The Chicago Tribune covered the death of Chuck Deggans, a beloved radio host and columnist who wrote for both the Post and for the Gary Crusader. The article titled "Columnist, radio host, Deggans dead at 82" acknowledges Deggans' work for the Post-Tribune as well as for the Gary Crusader:
Deggans, 82, was widely known for his social and entertainment column 'Chuck Deggans' Den', which is published in the Gary Crusader weekly newspaper. He was a former columnist for the Post-Tribune.
On December 28, 1997, the Chicago Tribune sought the commentary of The Gary Crusaders publisher, Dorothy Leavell, when the Chicago Defender, an African-American newspaper, closed its doors. Dorothy Leavell is quoted as saying: "The two questions you hear most often are, 'Is God dead?' and 'Is there a need for a black press?'"

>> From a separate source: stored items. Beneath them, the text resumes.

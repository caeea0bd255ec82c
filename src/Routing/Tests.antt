-- ===== src/Routing/Tests.antt =====
-- Two rules, the second of which matches.
use basket_shared.Prelude.{◌≡◌, refl, ◌≢◌, ◌↔◌, none, some, true, false, text, text_eq, All, arith}
use basket_shared.World.Entities.{FileTransfer, pending}
use basket_shared.Routing.{RoutingRule, matches, object_key}
use basket_shared.Routing.Laws.{object_key_iff}
use basket_shared.Samples.{row, acme}

abbrev for_bob : RoutingRule
for_bob = record {
  username = some (text "bob");
  extension = none;
  path_prefix = none;
  bucket = none;
  prefix = none;
}

abbrev for_alice : RoutingRule
for_alice = record {
  username = some (text "alice");
  extension = none;
  path_prefix = none;
  bucket = some (text "archive");
  prefix = some (text "in/");
}

abbrev t : FileTransfer
t = row 1 acme pending

matched : (matches for_bob t ≡ false) × (matches for_alice t ≡ true)
unfolding matches text_eq
matched = (refl, refl)

-- The same path with two slashes before it.
abbrev u : FileTransfer
u = record t { id = 2; virtual_path = text "//a.csv" }

no_slash : All (λ c. c ≢ b'/') (text "alice")
no_slash = (
  (λ e. ground (arith, e)),
  (
    (λ e. ground (arith, e)),
    ((λ e. ground (arith, e)), ((λ e. ground (arith, e)), ((λ e. ground (arith, e)), tt))),
  ),
)

object_key_iff_example :
    (object_key (text "in/") t ≡ object_key (text "in/") u)
    ↔ ((text "alice" ≡ text "alice") × (text "a.csv" ≡ text "a.csv"))
object_key_iff_example =
    object_key_iff (text "in/") t u 1 2 (text "a.csv") (text "a.csv") no_slash no_slash refl refl
      (λ e. ground (arith, e)) (λ e. ground (arith, e))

The Chicago Tribune discussed the aftermath of Michael Jackson's visit to the city of Gary in 2003. The pop star was initially in works of creating a possible creative arts center and amusement park in tribute to the icon. Many members of the community believed the negotiations were simply a publicity stunt to bring attention to Gary's past as well as aid in the public opinion of Jackson as he faced child-molestation charges. The Chicago Tribune quoted Antonio Leavell, 40, general manager of the Gary Crusader newspaper, as saying:
It gave Gary a day where everyone could see their favorite rock star... It was definitely a lift for Gary. Everybody was happy to see him, even though he had not been there for several years. A lot of promises were made about how the city was going to re-establish a relationship and bring some of what has been missing back to the city of Gary. But what can you expect if nothing has been done with him for numerous years?